# Re: [R] Sampling

From: Tim Hesterberg <timh_at_insightful.com>
Date: Wed, 06 Feb 2008 10:49:24 -0800

> I want to generate different samples using the
>followindg code:
>
>g<-sample(LETTERS[1:2], 24, replace=T)
>
> How can I specify that I need 12 "A"s and 12 "B"s?

I introduced the concept of "sampling with minimal replacement" into the S-PLUS version of sample to handle things like this:

sample(LETTERS[1:2], 24, minimal = T)

This is very useful in variance reduction applications, to approximately stratify but with introducing bias. I'd like to see this in R.

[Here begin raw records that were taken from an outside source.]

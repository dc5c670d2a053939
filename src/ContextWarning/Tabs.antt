-- ===== src/ContextWarning/Tabs.antt =====
-- The banners of the tabs while messages are on the way to them.
use playground_azure_user_sy.Prelude.{
  ℕ, zero, suc, Bool, true, false, not, Option, none, some, List, [], ◌∷◌, ◌++◌, map, get_elem?,
  ℕ_eq, ◌≡◌, refl, sym, ap, ◌∙◌, inl, inr, ◌⊎◌, subst,
}
use playground_azure_user_sy.ContextWarning.{
  Text, same_signature, Session, generate_signature, Tab, is_other_ctx, deliver, post_message,
  change_tab, handled, new_tab,
}
use playground_azure_user_sy.ContextWarning.Signature.{same_signature_self}

-- What the banner will be once the messages have arrived, in a tab with a signature.
abbrev pub shown_after : Text → Bool → List Text → Bool
shown_after signature shown [] = shown
shown_after signature shown (m ∷ ms) = shown_after signature (is_other_ctx signature m) ms

abbrev pub signature_of : Tab → Text
signature_of t = generate_signature t.session

abbrev will_show : Tab → Bool
will_show t = shown_after (signature_of t) t.shown t.messages

shown_after-last :
    (signature : Text) (shown : Bool) (ms : List Text) (m : Text)
    → shown_after signature shown (ms ++ m ∷ []) ≡ is_other_ctx signature m
shown_after-last s shown [] m = refl
shown_after-last s shown (n ∷ ms) m = shown_after-last s (is_other_ctx s n) ms m

-- With no context yet: no banner, and no message handled. After that: the banner will be right in a
-- tab whose message is handled, and is right or not shown in another.
abbrev IsRightFor : Option Text → Text → Bool → Bool → Type 0
IsRightFor none signature pending shown = (shown ≡ false) × (pending ≡ true)
IsRightFor (some c) signature pending shown =
    (shown ≡ is_other_ctx signature c) ⊎ ((shown ≡ false) × (pending ≡ true))

abbrev pub IsRight : Option Text → Tab → Type 0
IsRight o t = IsRightFor o (signature_of t) t.pending (will_show t)

abbrev pub AllRight : Option Text → List Tab → Type 0
AllRight o [] = Unit {0}
AllRight o (t ∷ ts) = IsRight o t × AllRight o ts

pub new_tab-IsRight : (o : Option Text) (s : Session) → IsRight o (new_tab s)
new_tab-IsRight none s = (refl, refl)
new_tab-IsRight (some c) s = inr (refl, refl)

pub AllRight-append :
    (o : Option Text) (ts : List Tab) (t : Tab)
    → AllRight o ts
    → IsRight o t
    → AllRight o (ts ++ t ∷ [])
AllRight-append o [] t h k = (k, tt)
AllRight-append o (u ∷ ts) t (h, hs) k = (h, AllRight-append o ts t hs k)

-- A delivery changes nothing of what the banner will be.
deliver-same :
    (t : Tab)
    → (signature_of (deliver t) ≡ signature_of t)
      × ((deliver t).pending ≡ t.pending)
      × (will_show (deliver t) ≡ will_show t)
unfolding deliver
deliver-same t = go t.messages
  where
    go :
        (ms : List Text)
        → (signature_of (deliver (record t { messages = ms })) ≡ signature_of t)
          × ((deliver (record t { messages = ms })).pending ≡ t.pending)
          × (will_show (deliver (record t { messages = ms }))
              ≡ will_show (record t { messages = ms }))
    go [] = (refl, refl, refl)
    go (m ∷ ms) = (refl, refl, refl)

pub deliver-IsRight : (o : Option Text) (t : Tab) → IsRight o t → IsRight o (deliver t)
deliver-IsRight o t h =
    let (s, p, w) = deliver-same t in
    subst (λ v. IsRightFor o (signature_of (deliver t)) (deliver t).pending v) (sym w)
      (subst (λ q. IsRightFor o (signature_of (deliver t)) q (will_show t)) (sym p)
        (subst (λ u. IsRightFor o u t.pending (will_show t)) (sym s) h))

-- A change of one tab that keeps it right.
pub change_tab-AllRight :
    (o : Option Text) (f : Tab → Tab) (i : ℕ) (ts : List Tab)
    → ((t : Tab) → IsRight o t → IsRight o (f t))
    → AllRight o ts
    → AllRight o (change_tab f i ts)
unfolding change_tab
change_tab-AllRight o f i [] k h = tt
change_tab-AllRight o f zero (t ∷ ts) k (h, hs) = (k t h, hs)
change_tab-AllRight o f (suc i) (t ∷ ts) k (h, hs) = (h, change_tab-AllRight o f i ts k hs)

pub post-AllRight :
    (o : Option Text) (c : Text) (ts : List Tab) → AllRight (some c) (map (post_message c) ts)
post-AllRight o c [] = tt
post-AllRight o c (t ∷ ts) =
    (inl (shown_after-last (signature_of t) t.shown t.messages c), post-AllRight o c ts)

own_ctx : (signature c : Text) → signature ≡ c → is_other_ctx signature c ≡ false
own_ctx signature c e = ap (λ x. not (same_signature c x)) e ∙ ap not (same_signature_self c)

own_signature :
    (u t : Tab) (c : Text)
    → ◌≡◌ {A = Option Tab} (some u) (some t)
    → signature_of t ≡ c
    → signature_of u ≡ c
own_signature u t c e s =
    ap (λ (o : Option Tab). signature_of (elim o [ none ↦ u | some x ↦ x ])) e ∙ s

waiting-AllRight : (c : Text) (ts : List Tab) → AllRight none ts → AllRight (some c) ts
waiting-AllRight c [] h = tt
waiting-AllRight c (t ∷ ts) (h, hs) = (inr h, waiting-AllRight c ts hs)

-- The tabs before the first context, and where the context stays the same.
pub quiet-AllRight :
    (c : Text) (ts : List Tab) (i : ℕ) (t : Tab)
    → get_elem? ts i ≡ some t
    → signature_of t ≡ c
    → AllRight none ts
    → AllRight (some c) (change_tab handled i ts)
unfolding change_tab
quiet-AllRight c [] i t e s h = tt
quiet-AllRight c (u ∷ ts) zero t e s (h, hs) = (
  inl (h.0 ∙ sym (own_ctx (signature_of u) c (own_signature u t c e s))),
  waiting-AllRight c ts hs,
)
quiet-AllRight c (u ∷ ts) (suc i) t e s (h, hs) = (inr h, quiet-AllRight c ts i t e s hs)

pub same-AllRight :
    (c : Text) (ts : List Tab) (i : ℕ) (t : Tab)
    → get_elem? ts i ≡ some t
    → signature_of t ≡ c
    → AllRight (some c) ts
    → AllRight (some c) (change_tab handled i ts)
unfolding change_tab
same-AllRight c [] i t e s h = tt
same-AllRight c (u ∷ ts) zero t e s (h, hs) =
    (own (own_ctx (signature_of u) c (own_signature u t c e s)) h, hs)
  where
    own :
        is_other_ctx (signature_of u) c ≡ false → IsRight (some c) u → IsRight (some c) (handled u)
    own o (inl r) = inl r
    own o (inr (r, _)) = inl (r ∙ sym o)
same-AllRight c (u ∷ ts) (suc i) t e s (h, hs) = (h, same-AllRight c ts i t e s hs)
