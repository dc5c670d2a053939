-- ===== src/ContextWarning/Banner.antt =====
-- When the banner of a tab is shown.
use playground_azure_user_sy.Prelude.{Bool, true, false, Option, none, some, [], ◌∷◌, ℕ_eq, ◌≡◌}
use playground_azure_user_sy.ContextWarning.{Text, Worker}
use playground_azure_user_sy.ContextWarning.Tabs.{AllRight}

abbrev not_blank : Option Text → Bool
not_blank none = true
not_blank (some []) = false
not_blank (some (c ∷ s)) = true

record IsSound (w : Worker) : Type 0 where
  tabs : AllRight w.last_ctx w.con
  ctx : not_blank w.last_ctx ≡ true
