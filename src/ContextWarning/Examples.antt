-- ===== src/ContextWarning/Examples.antt =====
-- The theorems about the banner at two tabs, of which one switches the user.
use playground_azure_user_sy.Prelude.{true, false, List, [], ◌∷◌}
use playground_azure_user_sy.ContextWarning.{Session, Tab, WarningEvent, connect, message, delivery}

-- The users 2 and 7 of the database "z".
abbrev user_2 : Session
user_2 = record { uid = 50 ∷ []; db = 122 ∷ [] }

abbrev user_7 : Session
user_7 = record { uid = 55 ∷ []; db = 122 ∷ [] }

abbrev switch : List WarningEvent
switch = connect user_2 ∷ message 0 ∷ connect user_7 ∷ message 1 ∷ delivery 0 ∷ delivery 1 ∷ []

abbrev warned : Tab
warned = record { session = user_2; pending = false; messages = []; shown = true }
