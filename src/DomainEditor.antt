-- ===== src/DomainEditor.antt =====
-- addons_OCA/web/web_widget_domain_editor_dialog/static/src/js/widget_domain_editor_dialog.js: the
-- domain that the dialog makes of the records or the groups that are selected.
pub mod Meaning
pub mod Groups
pub mod Selection
pub mod Narrowed
mod Examples
use playground_azure_user_sy.Prelude.{
  ℕ, zero, suc, ◌-◌, String, Bool, true, false, ◌&&◌, Option, none, some, List, [], ◌∷◌, ◌++◌, map,
  length, replicate, if◌then◌else◌, ◌==◌, ℕ_eq, String_eq,
}

-- The last part of a condition.
pub data Operand : Type 0 where
  text_operand : String → Operand
  number_operand : ℕ → Operand
  bool_operand : Bool → Operand
  ids_operand : List ℕ → Operand

abbrev pub same_ids : List ℕ → List ℕ → Bool
same_ids [] [] = true
same_ids [] (j ∷ js) = false
same_ids (i ∷ is) [] = false
same_ids (i ∷ is) (j ∷ js) = i == j && same_ids is js

abbrev same_bool : Bool → Bool → Bool
same_bool true b = b
same_bool false true = false
same_bool false false = true

abbrev pub same_operand : Operand → Operand → Bool
same_operand (text_operand s) (text_operand t) = s == t
same_operand (number_operand m) (number_operand n) = m == n
same_operand (bool_operand a) (bool_operand b) = same_bool a b
same_operand (ids_operand is) (ids_operand js) = same_ids is js
same_operand a b = false

pub record Leaf : Type 0 where
  pub field : String
  pub operator : String
  pub operand : Operand

abbrev pub same_leaf : Leaf → Leaf → Bool
same_leaf a b = a.field == b.field && a.operator == b.operator && same_operand a.operand b.operand

-- An element of a domain. A condition is an array: the number says which object it is.
pub data Token : Type 0 where
  op_and op_or op_not : Token
  leaf : ℕ → Leaf → Token

-- `===`
abbrev same_token : Token → Token → Bool
same_token op_and op_and = true
same_token op_or op_or = true
same_token op_not op_not = true
same_token (leaf i a) (leaf j b) = i == j
same_token s t = false

-- `_.isEqual`
abbrev is_equal : Token → Token → Bool
is_equal op_and op_and = true
is_equal op_or op_or = true
is_equal op_not op_not = true
is_equal (leaf i a) (leaf j b) = same_leaf a b
is_equal s t = false

-- `_.without`
unfoldable pub without : Token → List Token → List Token
without t [] = []
without t (x ∷ xs) = let rest = without t xs in if same_token x t then rest else x ∷ rest

-- `_.filter(…)[0]`
unfoldable pub first_equal : Token → List Token → Option Token
first_equal d [] = none
first_equal d (x ∷ xs) = let rest = first_equal d xs in if is_equal x d then some x else rest

-- `_.without(group_domain, undefined)` changes nothing.
abbrev pub without_found : Option Token → List Token → List Token
without_found none ts = ts
without_found (some t) ts = without t ts

-- The "domain difference".
unfoldable pub difference : List Token → List Token → List Token
unfolding first_equal without
difference [] ts = ts
difference (d ∷ ds) ts = difference ds (without_found (first_equal d ts) ts)

-- A group of the list: its domain, and the ids of its records.
pub record SelectedGroup : Type 0 where
  pub domain : List Token
  pub res_ids : List ℕ

unfoldable pub group_domains : List SelectedGroup → List Token
group_domains [] = []
group_domains (g ∷ gs) =
    let rest = group_domains gs in elim g.res_ids [ [] ↦ rest | i ∷ is ↦ g.domain ++ rest ]

-- The domain of the groups: the difference, without "&", with as many "|" as it takes.
unfoldable pub either_group : List Token → List Token → List Token
unfolding difference without
either_group domain ts =
    let left = without op_and (difference domain ts) in replicate (length left - 1) op_or ++ left

-- The state of the list in the dialog, and whether all records are selected.
pub record DialogState : Type 0 where
  pub domain : List Token
  pub is_grouped : Bool
  pub groups : List SelectedGroup
  pub all_checked : Bool

-- `new_ref` is the object that the condition on the ids is.
unfoldable pub get_domain : ℕ → DialogState → List ℕ → List Token
unfolding group_domains either_group
get_domain new_ref s selected_ids =
    if s.all_checked
    then s.domain ++ (if s.is_grouped then either_group s.domain (group_domains s.groups) else [])
    else (s.domain
        ++ leaf new_ref
            (record { field = "id"; operator = "in"; operand = ids_operand selected_ids })
          ∷ [])

-- `init`: the values `true` and `false` become 1 and 0.
abbrev without_bool : Operand → Operand
without_bool (bool_operand true) = number_operand 1
without_bool (bool_operand false) = number_operand 0
without_bool o = o

abbrev convert_token : Token → Token
convert_token (leaf i a) = leaf i (record a { operand = without_bool a.operand })
convert_token t = t

abbrev dynamic_filter_domain : List Token → List Token
dynamic_filter_domain ts = map convert_token ts
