-- ===== src/DomainEditor/Meaning.antt =====
-- What a domain asks of a record. Its operators stand before their operands, and what is left side by
-- side has to hold together.
use playground_azure_user_sy.Prelude.{
  ℕ, Bool, true, false, not, ◌&&◌, ◌||◌, List, [], ◌∷◌, ◌++◌, ◌≡◌, refl, ap, ◌∙◌, append_assoc,
}
use playground_azure_user_sy.DomainEditor.{
  ids_operand, Leaf, Token, op_and, op_or, op_not, leaf, DialogState, get_domain,
}

abbrev pub all_hold : List Bool → Bool
all_hold [] = true
all_hold (b ∷ bs) = b && all_hold bs

abbrev pub any_holds : List Bool → Bool
any_holds [] = false
any_holds (b ∷ bs) = b || any_holds bs

-- The operators, on the values of what stands after them.
abbrev pub push_or : List Bool → List Bool
push_or [] = []
push_or (a ∷ bs) = elim bs [ [] ↦ a ∷ [] | b ∷ rest ↦ (a || b) ∷ rest ]

abbrev push_and : List Bool → List Bool
push_and [] = []
push_and (a ∷ bs) = elim bs [ [] ↦ a ∷ [] | b ∷ rest ↦ (a && b) ∷ rest ]

abbrev push_not : List Bool → List Bool
push_not [] = []
push_not (a ∷ bs) = not a ∷ bs

-- An expression, and the domain that it is written as.
pub data DomainExpr : Type 0 where
  term : ℕ → Leaf → DomainExpr
  both : DomainExpr → DomainExpr → DomainExpr
  either : DomainExpr → DomainExpr → DomainExpr
  negate : DomainExpr → DomainExpr

abbrev print : DomainExpr → List Token
print (term i a) = leaf i a ∷ []
print (both d e) = op_and ∷ (print d ++ print e)
print (either d e) = op_or ∷ (print d ++ print e)
print (negate e) = op_not ∷ print e

abbrev pub print_all : List DomainExpr → List Token
print_all [] = []
print_all (e ∷ es) = print e ++ print_all es

-- `holds` says of a condition whether it holds of the record.
module _ (holds : Leaf → Bool) where
  -- The values of the expressions that a domain consists of, from its end.
  unfoldable pub domain_values : List Token → List Bool
  domain_values [] = []
  domain_values (op_and ∷ ts) = push_and (domain_values ts)
  domain_values (op_or ∷ ts) = push_or (domain_values ts)
  domain_values (op_not ∷ ts) = push_not (domain_values ts)
  domain_values (leaf i a ∷ ts) = holds a ∷ domain_values ts

  abbrev pub domain_holds : List Token → Bool
  domain_holds ts = all_hold (domain_values ts)

  abbrev pub eval : DomainExpr → Bool
  eval (term i a) = holds a
  eval (both d e) = eval d && eval e
  eval (either d e) = eval d || eval e
  eval (negate e) = not (eval e)

  abbrev all_eval : List DomainExpr → Bool
  all_eval [] = true
  all_eval (e ∷ es) = eval e && all_eval es

  domain_values-print :
      (e : DomainExpr) (ts : List Token) → domain_values (print e ++ ts) ≡ eval e ∷ domain_values ts
  unfolding domain_values
  domain_values-print (term i a) ts = refl
  domain_values-print (both d e) ts = ap push_and (
      ap domain_values (append_assoc (print d) (print e) ts)
      ∙ domain_values-print d (print e ++ ts)
      ∙ ap (λ vs. eval d ∷ vs) (domain_values-print e ts))
  domain_values-print (either d e) ts = ap push_or (
      ap domain_values (append_assoc (print d) (print e) ts)
      ∙ domain_values-print d (print e ++ ts)
      ∙ ap (λ vs. eval d ∷ vs) (domain_values-print e ts))
  domain_values-print (negate e) ts = ap push_not (domain_values-print e ts)

  and_assoc : (a b c : Bool) → (a && (b && c)) ≡ ((a && b) && c)
  and_assoc true b c = refl
  and_assoc false b c = refl

  -- What follows a list of expressions is one more thing to hold.
  domain_holds-append :
      (es : List DomainExpr) (ts : List Token)
      → domain_holds (print_all es ++ ts) ≡ (all_eval es && domain_holds ts)
  domain_holds-append [] ts = refl
  domain_holds-append (e ∷ es) ts =
      ap domain_holds (append_assoc (print e) (print_all es) ts)
      ∙ ap all_hold (domain_values-print e (print_all es ++ ts))
      ∙ ap (λ b. eval e && b) (domain_holds-append es ts)
      ∙ and_assoc (eval e) (all_eval es) (domain_holds ts)

  and_true : (a : Bool) → (a && true) ≡ a
  and_true true = refl
  and_true false = refl

  abbrev pub among : List ℕ → Leaf
  among ids = record { field = "id"; operator = "in"; operand = ids_operand ids }

  -- With some records selected: the new domain asks for the domain of the dialog and for one of
  -- the ids.
  get_domain-records :
      (new_ref : ℕ) (s : DialogState) (es : List DomainExpr) (ids : List ℕ)
      → s.domain ≡ print_all es
      → s.all_checked ≡ false
      → domain_holds (get_domain new_ref s ids) ≡ (all_eval es && holds (among ids))
  unfolding get_domain domain_values
  get_domain-records new_ref s es ids d c =
      rw (c, d)
        (domain_holds-append es (leaf new_ref (among ids) ∷ [])
          ∙ ap (λ b. all_eval es && b) (and_true (holds (among ids))))
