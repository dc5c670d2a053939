-- ===== src/DomainEditor/Groups.antt =====
-- What the domain of all records of a grouped list asks for.
use playground_azure_user_sy.Prelude.{
  ℕ, zero, suc, ◌-◌, Bool, true, false, ◌||◌, Option, none, some, List, [], ◌∷◌, ◌++◌, length,
  replicate, if◌then◌else◌, ◌==◌, ◌≡◌, refl, sym, ap, ◌∙◌, arith, ℕ_eq, String_eq, Bool-cases, inl,
  inr,
}
use playground_azure_user_sy.DomainEditor.{Leaf, Token, op_and, op_or, op_not, leaf, without}
use playground_azure_user_sy.DomainEditor.Meaning.{any_holds, push_or, domain_values}

-- A condition, with the object that it is.
abbrev pub Term : Type 0
Term = ℕ × Leaf

abbrev pub leaves : List Term → List Token
leaves [] = []
leaves ((i, a) ∷ ts) = leaf i a ∷ leaves ts

length-leaves : (ts : List Term) → length (leaves ts) ≡ length ts
length-leaves [] = refl
length-leaves ((i, a) ∷ ts) = ap suc (length-leaves ts)

module _ (holds : Leaf → Bool) where
  abbrev pub any_term : List Term → Bool
  any_term [] = false
  any_term ((i, a) ∷ ts) = holds a || any_term ts

  abbrev pub values : List Term → List Bool
  values [] = []
  values ((i, a) ∷ ts) = holds a ∷ values ts

  domain_values-leaves : (ts : List Term) → domain_values holds (leaves ts) ≡ values ts
  unfolding domain_values
  domain_values-leaves [] = refl
  domain_values-leaves ((i, a) ∷ ts) = ap (λ vs. holds a ∷ vs) (domain_values-leaves ts)

  -- One "|" less than conditions, and then they are one expression: that one of them holds.
  abbrev push_ors : ℕ → List Bool → List Bool
  push_ors zero bs = bs
  push_ors (suc n) bs = push_or (push_ors n bs)

  push_ors_in : (n : ℕ) (bs : List Bool) → push_ors (suc n) bs ≡ push_ors n (push_or bs)
  push_ors_in zero bs = refl
  push_ors_in (suc n) bs = ap push_or (push_ors_in n bs)

  or_assoc : (a b c : Bool) → ((a || b) || c) ≡ (a || (b || c))
  or_assoc true b c = refl
  or_assoc false b c = refl

  or_false : (a : Bool) → (a || false) ≡ a
  or_false true = refl
  or_false false = refl

  push_ors-values :
      (b : Bool) (bs : List Bool) → push_ors (length bs) (b ∷ bs) ≡ any_holds (b ∷ bs) ∷ []
  push_ors-values b [] = ap (λ c. c ∷ []) (sym (or_false b))
  push_ors-values b (c ∷ cs) =
      push_ors_in (length cs) (b ∷ c ∷ cs)
      ∙ push_ors-values (b || c) cs
      ∙ ap (λ d. d ∷ []) (or_assoc b c (any_holds cs))

  domain_values-ors :
      (n : ℕ) (ts : List Token)
      → domain_values holds (replicate n op_or ++ ts) ≡ push_ors n (domain_values holds ts)
  unfolding domain_values
  domain_values-ors zero ts = refl
  domain_values-ors (suc n) ts = ap push_or (domain_values-ors n ts)

  any_holds-values : (ts : List Term) → any_holds (values ts) ≡ any_term ts
  any_holds-values [] = refl
  any_holds-values ((i, a) ∷ ts) = ap (λ b. holds a || b) (any_holds-values ts)

  -- As many "|" as `either_group` puts before some conditions.
  pub ors-leaves :
      (t : Term) (ts : List Term)
      → domain_values holds (replicate (length (leaves (t ∷ ts)) - 1) op_or ++ leaves (t ∷ ts))
        ≡ any_term (t ∷ ts) ∷ []
  unfolding domain_values
  ors-leaves (i, a) ts =
      let n : suc (length (leaves ts)) - 1 ≡ length (values ts) =
        omega (arith, length-leaves ts, length-values ts) in
      ap (λ k. domain_values holds (replicate k op_or ++ leaves ((i, a) ∷ ts))) n
      ∙ domain_values-ors (length (values ts)) (leaves ((i, a) ∷ ts))
      ∙ ap (push_ors (length (values ts))) (domain_values-leaves ((i, a) ∷ ts))
      ∙ push_ors-values (holds a) (values ts)
      ∙ ap (λ b. b ∷ []) (any_holds-values ((i, a) ∷ ts))
    where
      length-values : (us : List Term) → length (values us) ≡ length us
      length-values [] = refl
      length-values ((i, a) ∷ us) = ap suc (length-values us)

-- A domain of conditions and "&" alone.
abbrev pub is_conjunction : List Token → Bool
is_conjunction [] = true
is_conjunction (op_and ∷ ts) = is_conjunction ts
is_conjunction (leaf i a ∷ ts) = is_conjunction ts
is_conjunction (op_or ∷ ts) = false
is_conjunction (op_not ∷ ts) = false

-- Its conditions, but for an object.
abbrev pub terms_but : Option ℕ → List Token → List Term
terms_but o [] = []
terms_but o (leaf i a ∷ ts) =
    let rest = terms_but o ts in
    let hit : Bool = elim o [ none ↦ false | some r ↦ i == r ] in
    if hit then rest else (i, a) ∷ rest
terms_but o (op_and ∷ ts) = terms_but o ts
terms_but o (op_or ∷ ts) = terms_but o ts
terms_but o (op_not ∷ ts) = terms_but o ts

pub without-terms :
    (ts : List Token) → is_conjunction ts ≡ true → without op_and ts ≡ leaves (terms_but none ts)
unfolding without
without-terms [] h = refl
without-terms (op_and ∷ ts) h = without-terms ts h
without-terms (leaf i a ∷ ts) h = ap (λ us. leaf i a ∷ us) (without-terms ts h)
without-terms (op_or ∷ ts) h = ground arith
without-terms (op_not ∷ ts) h = ground arith

pub without_twice :
    (r : ℕ) (b : Leaf) (ts : List Token)
    → is_conjunction ts ≡ true
    → without op_and (without (leaf r b) ts) ≡ leaves (terms_but (some r) ts)
unfolding without
without_twice r b [] h = refl
without_twice r b (op_and ∷ ts) h = without_twice r b ts h
without_twice r b (leaf i a ∷ ts) h = elim (Bool-cases (i == r)) [
  | inl e ↦ rw (e) (without_twice r b ts h)
  | inr e ↦ rw (e) (ap (λ us. leaf i a ∷ us) (without_twice r b ts h))
]
without_twice r b (op_or ∷ ts) h = ground arith
without_twice r b (op_not ∷ ts) h = ground arith
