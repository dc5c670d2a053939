-- ===== src/DomainEditor/Selection.antt =====
-- The selection of all records of a list that is grouped, without and with a domain of its own.
use playground_azure_user_sy.Prelude.{
  ℕ, ◌-◌, Bool, true, false, ◌&&◌, none, List, [], ◌∷◌, ◌++◌, map, length, replicate, ◌≡◌, refl,
  sym, ap, ◌∙◌, ℕ_eq, String_eq,
}
use playground_azure_user_sy.DomainEditor.{
  Leaf, op_or, leaf, difference, SelectedGroup, group_domains, either_group, DialogState,
  get_domain,
}
use playground_azure_user_sy.DomainEditor.Meaning.{all_hold, domain_holds}
use playground_azure_user_sy.DomainEditor.Groups.{
  Term, leaves, any_term, ors-leaves, is_conjunction, terms_but, without-terms,
}

-- A group whose domain is one condition.
abbrev pub single : Term × List ℕ → SelectedGroup
single ((i, a), ids) = record { domain = leaf i a ∷ []; res_ids = ids }

-- The conditions of the groups that have records.
abbrev pub with_records : List (Term × List ℕ) → List Term
with_records [] = []
with_records ((t, []) ∷ gs) = with_records gs
with_records ((t, i ∷ is) ∷ gs) = t ∷ with_records gs

group_domains-single :
    (gs : List (Term × List ℕ)) → group_domains (map single gs) ≡ leaves (with_records gs)
unfolding group_domains
group_domains-single [] = refl
group_domains-single (((i, a), []) ∷ gs) = group_domains-single gs
group_domains-single (((i, a), j ∷ js) ∷ gs) = ap (λ ts. leaf i a ∷ ts) (group_domains-single gs)

leaves-is_conjunction : (ts : List Term) → is_conjunction (leaves ts) ≡ true
leaves-is_conjunction [] = refl
leaves-is_conjunction ((i, a) ∷ ts) = leaves-is_conjunction ts

terms_but-leaves : (ts : List Term) → terms_but none (leaves ts) ≡ ts
terms_but-leaves [] = refl
terms_but-leaves ((i, a) ∷ ts) = ap (λ us. (i, a) ∷ us) (terms_but-leaves ts)

either_group-leaves :
    (ts : List Term)
    → either_group [] (leaves ts) ≡ replicate (length (leaves ts) - 1) op_or ++ leaves ts
unfolding either_group difference
either_group-leaves ts =
    ap (λ us. replicate (length us - 1) op_or ++ us)
      (without-terms (leaves ts) (leaves-is_conjunction ts) ∙ ap leaves (terms_but-leaves ts))

module _ (holds : Leaf → Bool) where
  -- With no domain of its own and a single condition for each group, all records selected: the new
  -- domain asks that one of the conditions of the groups with records holds. There is such a group,
  -- with the condition `t`.
  pub get_domain-groups :
      (new_ref : ℕ) (s : DialogState) (selected : List ℕ) (gs : List (Term × List ℕ)) (t : Term)
      (ts : List Term)
      → s.domain ≡ []
      → s.all_checked ≡ true
      → s.is_grouped ≡ true
      → s.groups ≡ map single gs
      → with_records gs ≡ t ∷ ts
      → domain_holds holds (get_domain new_ref s selected) ≡ any_term holds (with_records gs)
  unfolding get_domain
  get_domain-groups new_ref s selected gs t ts d c g e w =
      rw (d, c, g, e)
        (ap (λ us. domain_holds holds (either_group [] us)) (group_domains-single gs)
          ∙ ap (domain_holds holds) (either_group-leaves (with_records gs))
          ∙ ap (λ us. domain_holds holds (replicate (length (leaves us) - 1) op_or ++ leaves us)) w
          ∙ ap all_hold (ors-leaves holds t ts)
          ∙ and_true (any_term holds (t ∷ ts))
          ∙ ap (any_term holds) (sym w))
    where
      and_true : (a : Bool) → (a && true) ≡ a
      and_true true = refl
      and_true false = refl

The selection probabilities are not proportional to the specified probabilities.

In contrast, in S-PLUS:
> values <- sapply(1:1000, function(i) sample(1:3, size=2, prob = c(.5, .25, .25)))
> table(values)

1 2 3
1000 501 499

You can specify minimal = FALSE to get the same behavior as R:
> values <- sapply(1:1000, function(i) sample(1:3, size=2, prob = c(.5, .25, .25), minimal = F))
> table(values)

1 2 3
844 592 564

There is a reason this is associated with the concept of sampling with minimal replacement. Consider for example:

sample(1:4, size = 3, prob = 1:4/10)
The expected frequencies of (1,2,3,4) should be proportional to size*prob = c(.3,.6,.9,1.2). That isn't possible when sampling without replacement. Sampling with minimal replacement allows this; observation 4 is included in every sample, and is included twice in 20% of the samples.

Tim Hesterberg

Disclaimer - these are my opinions, not those of my employer.